Proxying WebSockets with TCP load balancer without sticky sessions

Justin Meltzer picture Justin Meltzer · Mar 7, 2013 · Viewed 15.1k times · Source

I want to proxy WebSocket connections to multiple node.js servers using Amazon Elastic Load Balancer. Since Amazon ELB does not provide actual WebSocket support, I would need to use its vanilla TCP messaging. However, I'm trying to understand how this would work without some sort of sticky session functionality.

I understand that WebSockets work by first sending an HTTP Upgrade request from the client, which is handled by the server by sending a response which correctly handles key authentication. After the server sends that response and it is approved by the client, there is a bidirectional connection between that client and server.

However let's say the client, after approving the server response, sends data to the server. If it sends the data to the load balancer, and the load balancer then relays that data to a different server that did not handle the original WebSocket Upgrade request, then how will this new server be aware of the WebSocket connection? Or will the client automatically bypass the load balancer and send data directly to the server that handled the initial upgrade?

Answer

Dr. Jan-Philip Gehrcke picture Dr. Jan-Philip Gehrcke · Mar 7, 2013

I think what we need to understand in order to answer this question is how exactly the underlying TCP connection evolves during the whole WebSocket creation process. You will realize that the sticky part of a WebSocket connection is the underlying TCP connection itself. I am not sure what you mean with "session" in the context of WebSockets.

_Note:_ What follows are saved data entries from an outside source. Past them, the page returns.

-- ===== src/Channels/Balance.antt =====
-- crates/sutegi-channels/src/presence.rs: what joined and what left makes the new state of the old.
use sutegi.Base.{
  ℕ, ◌+◌, ◌≡◌, refl, sym, ap, ◌∙◌, arith, Bool, true, false, not, List, [], ◌∷◌, Bytes,
  if◌then◌else◌, bytes_eq, bytes_eq→eq, if_rule,
}
use sutegi.Channels.{
  Presence, metas_of, has_key, extend_entry, extend_some, diff_metas, diff_new, diff_old,
  diff_states,
}
use sutegi.Channels.Counts.{
  IsMap, has_none, count, tally, pick, count-diff_metas, tally-extend_entry, tally-extend_some,
}

module _ {A : Type 0} (same : A → A → Bool) where
  module _ (congruent : (m n x : A) → same m n ≡ true → same m x ≡ same n x) where
    cons_balance :
        (b h : Bool) (x : A) (o j' l' j l joined remaining : ℕ) (metas others : List A)
        → (b ≡ true → o + joined ≡ count same x metas + remaining)
        → (b ≡ true → h ≡ false)
        → (b ≡ true → count same x others ≡ 0)
        → pick h o + (j' + (l + pick b remaining))
          ≡ count same x others + (l' + (j + pick b joined))
        → pick (if b then true else h) o + (j' + l)
          ≡ count same x (if b then metas else others) + (l' + j)
    cons_balance true h x o j' l' j l joined remaining metas others d f z e =
        let gone : pick h o ≡ 0 = ap (λ t. pick t o) (f refl) in omega (arith, d refl, z refl)
    cons_balance false h x o j' l' j l joined remaining metas others d f z e = omega arith

    diff_new-balance :
        (x : A) (k : Bytes) (old new : Presence A) (joins leaves : Presence A)
        → IsMap new
        → pick (has_key k new) (tally same x k old)
            + (tally same x k ((diff_new same old new (joins, leaves)).0) + tally same x k leaves)
          ≡ tally same x k new
            + (tally same x k ((diff_new same old new (joins, leaves)).1) + tally same x k joins)
    unfolding diff_new has_key metas_of
    diff_new-balance x k old [] joins leaves u = omega arith
    diff_new-balance x k old ((key, metas) ∷ new) joins leaves (fresh, u) =
        let d : List A × List A = diff_metas same (metas_of key old) metas in
        let same_key : bytes_eq key k ≡ true → key ≡ k = λ e. bytes_eq→eq key k e in
        cons_balance (bytes_eq key k) (has_key k new) x (tally same x k old) _ _
          (tally same x k joins) (tally same x k leaves) (count same x d.0) (count same x d.1) metas
          (metas_of k new)
          (λ e.
            ap (λ t. tally same x t old + count same x d.0) (sym (same_key e))
            ∙ count-diff_metas same congruent x (metas_of key old) metas)
          (λ e. ap (λ t. has_key t new) (sym (same_key e)) ∙ fresh)
          (λ e.
            ap (count same x) (has_none k new (ap (λ t. has_key t new) (sym (same_key e)) ∙ fresh)))
          (omega (
            arith,
            diff_new-balance x k old new (extend_some key d.0 joins) (extend_some key d.1 leaves) u,
            tally-extend_some same congruent x k key d.0 joins,
            tally-extend_some same congruent x k key d.1 leaves,
          ))

    old_gone :
        (b held h : Bool) (x : A) (base total : ℕ) (metas others : List A)
        → (b ≡ true → held ≡ h)
        → (b ≡ true → count same x others ≡ 0)
        → not held ≡ true
        → total ≡ base + pick b (count same x metas) + pick (not h) (count same x others)
        → total ≡ base + pick (not h) (count same x (if b then metas else others))
    old_gone true true h x base total metas others f z e g = cc
    old_gone true false true x base total metas others f z e g =
        absurd (let no : false ≡ true = f refl in cc)
    old_gone true false false x base total metas others f z e g = omega (arith, z refl)
    old_gone false held h x base total metas others f z e g = omega arith

    old_kept :
        (b held h : Bool) (x : A) (base total : ℕ) (metas others : List A)
        → (b ≡ true → held ≡ h)
        → (b ≡ true → count same x others ≡ 0)
        → not held ≡ false
        → total ≡ base + pick (not h) (count same x others)
        → total ≡ base + pick (not h) (count same x (if b then metas else others))
    old_kept true false h x base total metas others f z e g = cc
    old_kept true true false x base total metas others f z e g =
        absurd (let no : true ≡ false = f refl in cc)
    old_kept true true true x base total metas others f z e g = g
    old_kept false held h x base total metas others f z e g = g

    diff_old-balance :
        (x : A) (k : Bytes) (new old leaves : Presence A)
        → IsMap old
        → tally same x k (diff_old same new old leaves)
          ≡ tally same x k leaves + pick (not (has_key k new)) (tally same x k old)
    unfolding diff_old has_key metas_of
    diff_old-balance x k new [] leaves u = omega (arith, nothing (not (has_key k new)))
      where
        nothing : (b : Bool) → pick b 0 ≡ 0
        nothing true = refl
        nothing false = refl
    diff_old-balance x k new ((key, metas) ∷ old) leaves (fresh, u) =
        let same_key : bytes_eq key k ≡ true → key ≡ k = λ e. bytes_eq→eq key k e in
        let kept = diff_old-balance x k new old leaves u in
        let gone = diff_old-balance x k new old (extend_entry key metas leaves) u in
        let entry = tally-extend_entry same congruent x k key metas leaves in
        if_rule
          (λ (r : Presence A).
            tally same x k r
            ≡ tally same x k leaves
              + pick (not (has_key k new)) (tally same x k ((key, metas) ∷ old)))
          (not (has_key key new)) _ _
          (λ e.
            old_gone (bytes_eq key k) (has_key key new) (has_key k new) x (tally same x k leaves) _
              metas (metas_of k old) (λ q. ap (λ t. has_key t new) (same_key q))
              (λ q.
                ap (count same x)
                  (has_none k old (ap (λ t. has_key t old) (sym (same_key q)) ∙ fresh)))
              e (omega (arith, gone, entry)))
          (λ e.
            old_kept (bytes_eq key k) (has_key key new) (has_key k new) x (tally same x k leaves) _
              metas (metas_of k old) (λ q. ap (λ t. has_key t new) (same_key q))
              (λ q.
                ap (count same x)
                  (has_none k old (ap (λ t. has_key t old) (sym (same_key q)) ∙ fresh)))
              e kept)

    -- For each key and each meta, the old state with what joined has as many as the new state with what left, where
    -- a key has one entry in each, and equal metas are equal to the same metas.
    pub diff_states-balance :
        (x : A) (k : Bytes) (old new : Presence A)
        → IsMap old
        → IsMap new
        → tally same x k old + tally same x k ((diff_states same old new).0)
          ≡ tally same x k new + tally same x k ((diff_states same old new).1)
    unfolding diff_states
    diff_states-balance x k old new u v =
        let parts : Presence A × Presence A = diff_new same old new ([], []) in
        all_keys (has_key k new) (tally same x k old) (tally same x k new) (tally same x k parts.0)
          (tally same x k parts.1) _ (λ e. ap (count same x) (has_none k new e))
          (omega (arith, diff_new-balance x k old new [] [] v))
          (diff_old-balance x k new old parts.1 u)
      where
        all_keys :
            (h : Bool) (o n joins part leaves : ℕ)
            → (h ≡ false → n ≡ 0)
            → pick h o + joins ≡ n + part
            → leaves ≡ part + pick (not h) o
            → o + joins ≡ n + leaves
        all_keys true o n joins part leaves z e g = omega arith
        all_keys false o n joins part leaves z e g = omega (arith, z refl)
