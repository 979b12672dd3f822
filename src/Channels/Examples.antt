-- ===== src/Channels/Examples.antt =====
-- crates/sutegi-channels/src/presence.rs: what changes between two states of a room, whose metas are numbers.
use sutegi.Base.{ℕ, ◌+◌, Bool, true, ◌≡◌, refl, ap, [], ◌∷◌, codes, bytes_eq, ◌==◌, ==_iff}
use sutegi.Channels.{
  Presence, metas_of, has_key, extend_entry, extend_some, take_out, diff_metas, diff_new, diff_old,
  diff_states,
}
use sutegi.Channels.Balance.{diff_states-balance}
use sutegi.Channels.Counts.{tally, IsMap}

abbrev same : ℕ → ℕ → Bool
same a b = a == b

abbrev before : Presence ℕ
before = (codes "ann", 1 ∷ 1 ∷ 2 ∷ []) ∷ (codes "bob", 3 ∷ []) ∷ []

abbrev after : Presence ℕ
after = (codes "ann", 1 ∷ 4 ∷ []) ∷ (codes "cy", 5 ∷ []) ∷ []

same-congruent : (m n x : ℕ) → same m n ≡ true → same m x ≡ same n x
same-congruent m n x e = ap (λ t. t == x) ((==_iff m n).0 e)

before-IsMap : IsMap before
unfolding has_key bytes_eq
before-IsMap = (refl, (refl, tt))

after-IsMap : IsMap after
unfolding has_key bytes_eq
after-IsMap = (refl, (refl, tt))

diff_states-balance_example :
    tally same 1 (codes "ann") before
      + tally same 1 (codes "ann") ((diff_states same before after).0)
    ≡ tally same 1 (codes "ann") after
      + tally same 1 (codes "ann") ((diff_states same before after).1)
diff_states-balance_example =
    diff_states-balance same same-congruent 1 (codes "ann") before after before-IsMap after-IsMap

changed : diff_states same before after ≡ (
  (codes "ann", 4 ∷ []) ∷ (codes "cy", 5 ∷ []) ∷ [],
  (codes "ann", 1 ∷ 2 ∷ []) ∷ (codes "bob", 3 ∷ []) ∷ [],
)
unfolding diff_states diff_new diff_old diff_metas take_out metas_of has_key extend_entry
    extend_some bytes_eq
changed = refl
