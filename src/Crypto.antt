-- ===== src/Crypto.antt =====
-- crates/sutegi-crypto/src/lib.rs: hex and Base64 transport encodings, constant-time comparison.
-- A `&str` or byte slice is the list of its bytes; an error text is left out of `Option`.
pub mod Hex
pub mod Base64
pub mod Compare
pub mod Sha256
pub mod Legacy
mod Examples
use sutegi.Base.{
  ℕ, zero, suc, ◌+◌, ◌-◌, ◌*◌, ◌/◌, ◌%◌, ◌^◌, bit_and, bit_or, bit_xor, Bool, true, false, not,
  ◌&&◌, Option, none, some, List, [], ◌∷◌, ◌++◌, Bytes, codes, ltb, leb, ◌==◌, if◌then◌else◌,
  length, get_or,
}

infixl 5 ◌>>=◌
abbrev pub ◌>>=◌ {ℓ κ} : {A : Type ℓ} {B : Type κ} → Option A → (A → Option B) → Option B
none >>= f = none
some a >>= f = f a

abbrev hex_digits : Bytes
hex_digits = codes "0123456789abcdef"

-- `HEX[b >> 4]` and `HEX[b & 0xf]` for each byte.
unfoldable pub hex : Bytes → Bytes
hex [] = []
hex (b ∷ bs) = get_or hex_digits (b / 2 ^ 4) 0 ∷ get_or hex_digits (bit_and b 0x0f) 0 ∷ hex bs

-- `char::to_digit(16)`.
unfoldable pub to_digit : ℕ → Option ℕ
to_digit c =
    if leb b'0' c && leb c b'9'
    then some (c - b'0')
    else if leb b'a' c && leb c b'f'
    then some (c - b'a' + 10)
    else if leb b'A' c && leb c b'F'
    then some (c - b'A' + 10)
    else none

-- `u8::from_str_radix(_, 16)` on a text of two bytes: a leading `+` is a sign.
unfoldable pub from_str_radix : ℕ → ℕ → Option ℕ
from_str_radix a b =
    if a == b'+' then to_digit b else (do hi ← to_digit a; lo ← to_digit b; some (hi * 16 + lo))

-- A byte of 128 or more makes its pair fail, as a cut outside a character boundary does.
unfoldable pub from_hex_pairs : Bytes → Option Bytes
from_hex_pairs [] = some []
from_hex_pairs (_ ∷ []) = none
from_hex_pairs (a ∷ b ∷ rest) = do x ← from_str_radix a b; xs ← from_hex_pairs rest; some (x ∷ xs)

unfoldable pub from_hex : Bytes → Option Bytes
from_hex s = if not (length s % 2 == 0) then none else from_hex_pairs s

-- `diff |= a[i] ^ b[i]` over two slices of one length.
unfoldable pub diff_loop : ℕ → Bytes → Bytes → ℕ
diff_loop diff (x ∷ xs) (y ∷ ys) = diff_loop (bit_or diff (bit_xor x y)) xs ys
diff_loop diff _ _ = diff

unfoldable pub constant_time_eq : Bytes → Bytes → Bool
constant_time_eq a b = if not (length a == length b) then false else (diff_loop 0 a b == 0)

-- The alphabet `B64`.
abbrev pub b64 : Bytes
b64 = codes "ABCDEFGHIJKLMNOPQRSTUVWXYZabcdefghijklmnopqrstuvwxyz0123456789+/"

abbrev pub b64_char : ℕ → ℕ
b64_char n = get_or b64 n 0

-- `(b[0] << 16) | (b[1] << 8) | b[2]`.
abbrev pub pack : ℕ → ℕ → ℕ → ℕ
pack b0 b1 b2 = bit_or (bit_or (b0 * 2 ^ 16) (b1 * 2 ^ 8)) b2

abbrev pub sextet : ℕ → ℕ → ℕ
sextet n k = bit_and (n / 2 ^ k) 63

-- `chunks(3)`, the last chunk of one or two bytes padded with `=`.
unfoldable pub base64_encode : Bytes → Bytes
base64_encode [] = []
base64_encode (a ∷ []) =
    let n = pack a 0 0 in b64_char (sextet n 18) ∷ b64_char (sextet n 12) ∷ b'=' ∷ b'=' ∷ []
base64_encode (a ∷ b ∷ []) =
    let n = pack a b 0 in
    b64_char (sextet n 18) ∷ b64_char (sextet n 12) ∷ b64_char (sextet n 6) ∷ b'=' ∷ []
base64_encode (a ∷ b ∷ c ∷ rest) =
    let n = pack a b c in
    b64_char (sextet n 18)
    ∷ b64_char (sextet n 12)
    ∷ b64_char (sextet n 6)
    ∷ b64_char (sextet n 0)
    ∷ base64_encode rest

unfoldable pub val : ℕ → Option ℕ
val c =
    if leb b'A' c && leb c b'Z'
    then some (c - b'A')
    else if leb b'a' c && leb c b'z'
    then some (c - b'a' + 26)
    else if leb b'0' c && leb c b'9'
    then some (c - b'0' + 52)
    else if c == b'+'
    then some 62
    else if c == b'/'
    then some 63
    else none

-- `s.bytes().filter(|&c| c != b'=')`.
unfoldable pub strip_padding : Bytes → Bytes
strip_padding [] = []
strip_padding (c ∷ s) = let rest = strip_padding s in if c == b'=' then rest else c ∷ rest

-- `(n << 6) | val(c)?` in a `u32`.
abbrev push_sextet : ℕ → ℕ → ℕ
push_sextet n v = bit_or (n * 2 ^ 6 % 2 ^ 32) v

-- `(n >> k) as u8`.
abbrev byte_at : ℕ → ℕ → ℕ
byte_at n k = n / 2 ^ k % 2 ^ 8

-- `chunks(4)`: after the chunk `n <<= 24 - bits`, and `bits / 8` bytes are pushed.
unfoldable pub decode_chunks : Bytes → Option Bytes
decode_chunks [] = some []
decode_chunks (a ∷ []) = do va ← val a; some []
decode_chunks (a ∷ b ∷ []) = do
  va ← val a
  vb ← val b
  let n = push_sextet (push_sextet 0 va) vb * 2 ^ 12 % 2 ^ 32
  some (byte_at n 16 ∷ [])
decode_chunks (a ∷ b ∷ c ∷ []) = do
  va ← val a
  vb ← val b
  vc ← val c
  let n = push_sextet (push_sextet (push_sextet 0 va) vb) vc * 2 ^ 6 % 2 ^ 32
  some (byte_at n 16 ∷ byte_at n 8 ∷ [])
decode_chunks (a ∷ b ∷ c ∷ d ∷ rest) = do
  va ← val a
  vb ← val b
  vc ← val c
  vd ← val d
  let n = push_sextet (push_sextet (push_sextet (push_sextet 0 va) vb) vc) vd
  more ← decode_chunks rest
  some (byte_at n 16 ∷ byte_at n 8 ∷ byte_at n 0 ∷ more)

unfoldable pub base64_decode : Bytes → Option Bytes
base64_decode s = decode_chunks (strip_padding s)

At a high level, initiating a "WebSocket connection" requires the client to send an HTTP GET request to an HTTP server whereas the request includes the Upgrade header field. Now, for this request to happen the client needs to have established a TCP connection to the HTTP server (that might be obvious, but I think here it is important to point this out explicitly). The subsequent HTTP server response is then sent through the same TCP connection.

Note that now, after the server response has been sent, the TCP connection is still open/alive if not actively closed by either the client or the server.

Now, according to RFC 6455, the WebSocket standard, at the end of section 4.1:

If the server's response is validated as provided for above, it is
said that The WebSocket Connection is Established and that the
WebSocket Connection is in the OPEN state

I read from here that the same TCP connection that was initiated by the client before sending the initial HTTP GET (Upgrade) request will just be left open and will from now on serve as the transport layer for the full-duplex WebSocket connection. And this makes sense!

With respect to your question this means that a load balancer will only play a role before the initial HTTP GET (Upgrade) request is made, i.e. before the one and only TCP connection involved in said WebSocket connection creation is established between the two communication end points. Thereafter, the TCP connection stays established and cannot become "redirected" by a network device in between.

We can conclude that -- in your session terminology -- the TCP connection defines the session. As long as a WebSocket connection is alive (i.e. is not terminated), it by definition provides and lives in its own session. Nothing can change this session. Speaking in this picture, two independent WebSocket connections, however, cannot share the same session.

If you referred to something else with "session", then it probably is a session that is introduced by the application layer and we cannot comment on that one.

Edit with respect to your comments:

so you're saying that the load balancer is not involved in the TCP connection

No, that is not true, at least in general. It definitely can take influence upon TCP connection establishment, in the sense that it can decide what to do with the client connection attempt. The specifics depend on the exact type of load balancer (* , see below). Important: After the connection is established between two endpoints -- whereas I don't consider the load balancer to be an endpoint, I refer to WebSocket client and WebSocket server -- the two endpoints will not change anymore for the lifetime of the WebSocket connection. The load balancer might* still be in the network path, but can be assumed to not take influence anymore.

Therefore the full-duplex connection is between the client and the end server?

Yes!

***There are different types of load balancing. Depending on the type, the role of the load balancer is different after connection establishment between the two end points. Examples:

  • If the load balancing happens on DNS basis, then the load balancer is not involved in the final TCP connection at all. It just tells the client to which host is has to connect directly.
  • If the load balancer works like the Layer 4 ELB from AWS (docs here), then it so to say proxies the TCP connection. So the client would actually see the ELB itself as the server. What happens, however, is that the ELB just forwards the packages in both directions, without change. Hence, it is still heavily involved in the TCP connection, just transparently. In this case there are actually two permanent TCP connections involved: one from you to the ELB, and one from the ELB to the server. These are again permanent for the lifetime of your WebSocket connection.